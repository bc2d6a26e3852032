-- ===== src/Console.antt =====
-- src/console: the terminals.
pub mod Tty
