-- ===== src/Console/Tty.antt =====
-- src/console/tty.rs: the pixels of a terminal that is drawn in memory.
pub mod Pixels
mod Tests
use good_os_framework.Base.{
  ℕ, zero, suc, ◌+◌, ◌*◌, ◌/◌, ◌%◌, ◌^◌, ◌≡◌, Bool, true, false, ◌&&◌, List, [], ◌∷◌, length,
  get_or, ◌==◌, leb, if◌then◌else◌, Outcome, done, panics, ◌>>=◌, copy_from_slice,
}

pub record Tty : Type 0 where
  pub buffer : List ℕ
  pub width : ℕ
  pub height : ℕ

-- Red, green, blue and the fourth byte.
abbrev pub Pixel : Type 0
Pixel = ℕ × ℕ × ℕ × ℕ

abbrev pub position : Tty → ℕ → ℕ → ℕ
position t x y = (t.width * y % 2 ^ 64 + x) % 2 ^ 64 * 4 % 2 ^ 64

unfoldable pub write_pixel : Tty → ℕ → ℕ → Pixel → Outcome Tty
write_pixel t x y (r, g, b, a) =
    let pos = position t x y in
    copy_from_slice t.buffer pos ((pos + 4) % 2 ^ 64) (b ∷ g ∷ r ∷ a ∷ []) >>= λ buffer.
    done (record t { buffer = buffer })

unfoldable pub read_pixel : Tty → ℕ → ℕ → Outcome Pixel
read_pixel t x y =
    let pos = position t x y in
    let byte = λ (i : ℕ). get_or t.buffer (pos + i) 0 in
    if leb pos ((pos + 4) % 2 ^ 64) && leb ((pos + 4) % 2 ^ 64) (length t.buffer)
    then done (byte 2, byte 1, byte 0, byte 3)
    else panics

-- The terminal as a target of drawing.
unfoldable pub draw_pixel : Tty → ℕ → ℕ → ℕ × ℕ × ℕ → Outcome Tty
draw_pixel t x y (r, g, b) = write_pixel t x y (r, g, b, 0)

—————

### What to work on
A faithful transcription of all the material is what this exercise calls for.

### Reply to the task
repository bc2d6a26e3852032
-- ===== src/Console.antt =====
-- src/console: the terminals.
pub mod Tty
-- ===== src/Console/Tty.antt =====
-- src/console/tty.rs: the pixels of a terminal that is drawn in memory.
pub mod Pixels
mod Tests
use good_os_framework.Base.{
  ℕ, zero, suc, ◌+◌, ◌*◌, ◌/◌, ◌%◌, ◌^◌, ◌≡◌, Bool, true, false, ◌&&◌, List, [], ◌∷◌, length,
  get_or, ◌==◌, leb, if◌then◌else◌, Outcome, done, panics, ◌>>=◌, copy_from_slice,
}

pub record Tty : Type 0 where
  pub buffer : List ℕ
  pub width : ℕ
  pub height : ℕ

-- Red, green, blue and the fourth byte.
abbrev pub Pixel : Type 0
Pixel = ℕ × ℕ × ℕ × ℕ

abbrev pub position : Tty → ℕ → ℕ → ℕ
position t x y = (t.width * y % 2 ^ 64 + x) % 2 ^ 64 * 4 % 2 ^ 64

unfoldable pub write_pixel : Tty → ℕ → ℕ → Pixel → Outcome Tty
write_pixel t x y (r, g, b, a) =
    let pos = position t x y in
    copy_from_slice t.buffer pos ((pos + 4) % 2 ^ 64) (b ∷ g ∷ r ∷ a ∷ []) >>= λ buffer.
    done (record t { buffer = buffer })

unfoldable pub read_pixel : Tty → ℕ → ℕ → Outcome Pixel
read_pixel t x y =
    let pos = position t x y in
    let byte = λ (i : ℕ). get_or t.buffer (pos + i) 0 in
    if leb pos ((pos + 4) % 2 ^ 64) && leb ((pos + 4) % 2 ^ 64) (length t.buffer)
    then done (byte 2, byte 1, byte 0, byte 3)
    else panics

-- The terminal as a target of drawing.
unfoldable pub draw_pixel : Tty → ℕ → ℕ → ℕ × ℕ × ℕ → Outcome Tty
draw_pixel t x y (r, g, b) = write_pixel t x y (r, g, b, 0)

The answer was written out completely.